# Obsolete lighting techonologies



## telsa (May 22, 2015)

MTW said:


> Can we officially declare HID, CFL, most linear fluorescent and most incandescent to be dead now?
> 
> Most of the installations I have done in the past several years have been 100% LED, with only decorative incandescent lamps used in some situations. I have not seen or installed any new HID, CFL or linear fluorescent in that time frame as well.


Absolutely NOT.

You're not exposed to extremely cold conditions -- where LED can't weather the climate.

AND...

Why bother ?


----------



## Ty the electric guy (Feb 16, 2014)

I have never had any problems with leds in cold weather


Sent from my iPhone using Tapatalk


----------



## MikeFL (Apr 16, 2016)

I'd say whale oil lamps are obsolete, but I'm sure someone somewhere is still using them.


----------



## drsparky (Nov 13, 2008)

MikeFL said:


> I'd say whale oil lamps are obsolete, but I'm sure someone somewhere is still using them.

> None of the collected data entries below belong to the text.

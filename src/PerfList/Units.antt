-- ===== src/PerfList/Units.antt =====
-- PerfList: its items keep one unit.
use lnst.Prelude.{
  ℕ, zero, suc, ◌≡◌, subst, Bool, not, List, [], ◌∷◌, ◌++◌, Eq, ==_iff, All, All-append, arith,
}
use lnst.Prelude.Exc.{Result, ok, guard, lnst_error, ◌>>=◌, ◌>>◌, >>=-eq-ok}
use lnst.PerfList.{
  validate_item, append, validate_all, extend, insert_at, insert, replace_at, set_item,
}

-- One call that changes a list.
pub data Change (A : Type 0) : Type 0 where
  appended : A → Change A
  extended : List A → Change A
  inserted replaced : ℕ → A → Change A

ok_injective : {A : Type 0} {x y : A} → ok x ≡ ok y → x ≡ y
ok_injective e = cc

module _ {A U : Type 0} ⦃eq_u : Eq U⦄ (is_perf is_list : A → Bool) (unit : A → U) where
  abbrev pub HasUnit : U → List A → Type 0
  HasUnit u xs = All (λ a. unit a ≡ u) xs

  -- A list with items, that all have the unit.
  abbrev pub IsPerfList : U → List A → Type 0
  IsPerfList u [] = ⊥
  IsPerfList u (x ∷ xs) = HasUnit u (x ∷ xs)

  abbrev pub change : List A → Change A → Result (List A)
  change xs (appended a) = append is_perf unit xs a
  change xs (extended items) = extend is_perf unit xs items
  change xs (inserted i a) = insert is_perf unit xs i a
  change xs (replaced i a) = set_item is_perf unit is_list xs i a

  abbrev pub changes : List A → List (Change A) → Result (List A)
  changes xs [] = ok xs
  changes xs (c ∷ cs) = change xs c >>= λ ys. changes ys cs

  validate_item_lem :
      (u : U) (xs : List A) (a : A) {v : Unit {0}}
      → IsPerfList u xs
      → validate_item is_perf unit xs a ≡ ok v
      → unit a ≡ u
  unfolding validate_item
  validate_item_lem u [] a h e = absurd h
  validate_item_lem u (x ∷ xs) a h e = ground (arith, e, h.0, ==_iff (unit a) (unit x))

  validate_all_lem :
      (u : U) (xs items : List A) {v : Unit {0}}
      → IsPerfList u xs
      → validate_all is_perf unit xs items ≡ ok v
      → HasUnit u items
  unfolding validate_all
  validate_all_lem u xs [] h e = tt
  validate_all_lem u xs (a ∷ items) {v = v} h e =
      let r =
        >>=-eq-ok (validate_item is_perf unit xs a) (λ w. validate_all is_perf unit xs items)
          {end = v} e in
      (validate_item_lem u xs a {v = r.0} h r.1, validate_all_lem u xs items {v = v} h r.2)

  append-IsPerfList :
      (u : U) (xs ys : List A) → IsPerfList u xs → HasUnit u ys → IsPerfList u (xs ++ ys)
  append-IsPerfList u [] ys h k = absurd h
  append-IsPerfList u (x ∷ xs) ys h k = (h.0, All-append (λ a. unit a ≡ u) xs ys h.1 k)

  insert_at-HasUnit :
      (u : U) (i : ℕ) (a : A) (xs : List A)
      → HasUnit u xs
      → unit a ≡ u
      → HasUnit u (insert_at is_perf unit i a xs)
  unfolding insert_at
  insert_at-HasUnit u zero a xs h e = (e, h)
  insert_at-HasUnit u (suc i) a [] h e = (e, tt)
  insert_at-HasUnit u (suc i) a (x ∷ xs) h e = (h.0, insert_at-HasUnit u i a xs h.1 e)

  insert_at-IsPerfList :
      (u : U) (i : ℕ) (a : A) (xs : List A)
      → IsPerfList u xs
      → unit a ≡ u
      → IsPerfList u (insert_at is_perf unit i a xs)
  unfolding insert_at
  insert_at-IsPerfList u i a [] h e = absurd h
  insert_at-IsPerfList u zero a (x ∷ xs) h e = (e, h)
  insert_at-IsPerfList u (suc i) a (x ∷ xs) h e = (h.0, insert_at-HasUnit u i a xs h.1 e)

  all_of : (u : U) (xs : List A) → IsPerfList u xs → HasUnit u xs
  all_of u [] h = absurd h
  all_of u (x ∷ xs) h = h

  replace_at-HasUnit :
      (u : U) (i : ℕ) (a : A) (xs : List A) {ys : List A}
      → HasUnit u xs
      → unit a ≡ u
      → replace_at is_perf unit i a xs ≡ ok ys
      → HasUnit u ys
  unfolding replace_at
  replace_at-HasUnit u i a [] h e f = absurd (cc)
  replace_at-HasUnit u zero a (x ∷ xs) {ys = ys} h e f =
      subst (λ (o : List A). HasUnit u o) (ok_injective f) (e, h.1)
  replace_at-HasUnit u (suc i) a (x ∷ xs) {ys = ys} h e f =
      let r = >>=-eq-ok (replace_at is_perf unit i a xs) (λ zs. ok (x ∷ zs)) {end = ys} f in
      subst (λ (o : List A). HasUnit u o) (ok_injective r.2)
        (h.0, replace_at-HasUnit u i a xs {ys = r.0} h.1 e r.1)

  replace_at_nonempty :
      (u : U) (i : ℕ) (a : A) (xs : List A) {ys : List A}
      → HasUnit u ys
      → replace_at is_perf unit i a xs ≡ ok ys
      → IsPerfList u ys
  unfolding replace_at
  replace_at_nonempty u i a [] h f = absurd (cc)
  replace_at_nonempty u i a (x ∷ xs) {ys = y ∷ ys} h f = h
  replace_at_nonempty u zero a (x ∷ xs) {ys = []} h f = absurd (cc)
  replace_at_nonempty u (suc i) a (x ∷ xs) {ys = []} h f =
      let r = >>=-eq-ok (replace_at is_perf unit i a xs) (λ zs. ok (x ∷ zs)) {end = []} f in
      absurd (cc (r.2))

  change_lem :
      (u : U) (xs : List A) (c : Change A) {ys : List A}
      → IsPerfList u xs
      → change xs c ≡ ok ys
      → IsPerfList u ys
  unfolding append extend insert set_item
  change_lem u xs (appended a) {ys = ys} h e =
      let r = >>=-eq-ok (validate_item is_perf unit xs a) (λ v. ok (xs ++ (a ∷ []))) {end = ys} e in
      subst (λ (o : List A). IsPerfList u o) (ok_injective r.2)
        (append-IsPerfList u xs (a ∷ []) h (validate_item_lem u xs a {v = r.0} h r.1, tt))
  change_lem u xs (extended items) {ys = ys} h e =
      let r = >>=-eq-ok (validate_all is_perf unit xs items) (λ v. ok (xs ++ items)) {end = ys} e in
      subst (λ (o : List A). IsPerfList u o) (ok_injective r.2)
        (append-IsPerfList u xs items h (validate_all_lem u xs items {v = r.0} h r.1))
  change_lem u xs (inserted i a) {ys = ys} h e =
      let r =
        >>=-eq-ok (validate_item is_perf unit xs a) (λ v. ok (insert_at is_perf unit i a xs))
          {end = ys} e in
      subst (λ (o : List A). IsPerfList u o) (ok_injective r.2)
        (insert_at-IsPerfList u i a xs h (validate_item_lem u xs a {v = r.0} h r.1))
  change_lem u xs (replaced i a) {ys = ys} h e =
      let r =
        >>=-eq-ok (guard (not (is_list a)) lnst_error >> validate_item is_perf unit xs a)
          (λ v. replace_at is_perf unit i a xs) {end = ys} e in
      let item =
        >>=-eq-ok (guard (not (is_list a)) lnst_error) (λ v. validate_item is_perf unit xs a)
          {end = r.0} r.1 in
      let good =
        replace_at-HasUnit u i a xs {ys = ys} (all_of u xs h)
          (validate_item_lem u xs a {v = r.0} h item.2) r.2 in
      replace_at_nonempty u i a xs {ys = ys} good r.2

  -- A list with items, all of one unit, keeps items, all of that unit, through every sequence of
  -- append, extend, insert and assignment to one position that raises nothing.
  pub changes-IsPerfList :
      (u : U) (xs : List A) (cs : List (Change A)) (ys : List A)
      → IsPerfList u xs
      → changes xs cs ≡ ok ys
      → IsPerfList u ys
  changes-IsPerfList u xs [] ys h e = subst (λ (o : List A). IsPerfList u o) (ok_injective e) h
  changes-IsPerfList u xs (c ∷ cs) ys h e =
      let r = >>=-eq-ok (change xs c) (λ zs. changes zs cs) {end = ys} e in
      changes-IsPerfList u r.0 cs ys (change_lem u xs c {ys = r.0} h r.1) r.2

They give off a present light to read by.


----------



## B-Nabs (Jun 4, 2014)

There's still plenty of linear fluorescents being installed. 

Sent from my SM-G920W8 using Tapatalk


----------



## HackWork (Oct 2, 2009)

I still like fluorescent for under cabinet lighting. It lasts long, the light is even, no hot spot sun flares in reflective counters, inexpensive, etc.


----------



## FWLED (Mar 14, 2017)

Of course not, there's still many people use fluorescent tubes now, and still many people don't know much about LED. Import and export for LED lighting is still large now...


----------



## Rodger (Jan 3, 2017)

HackWork said:


> I still like fluorescent for under cabinet lighting. It lasts long, the light is even, no hot spot sun flares in reflective counters, inexpensive, etc.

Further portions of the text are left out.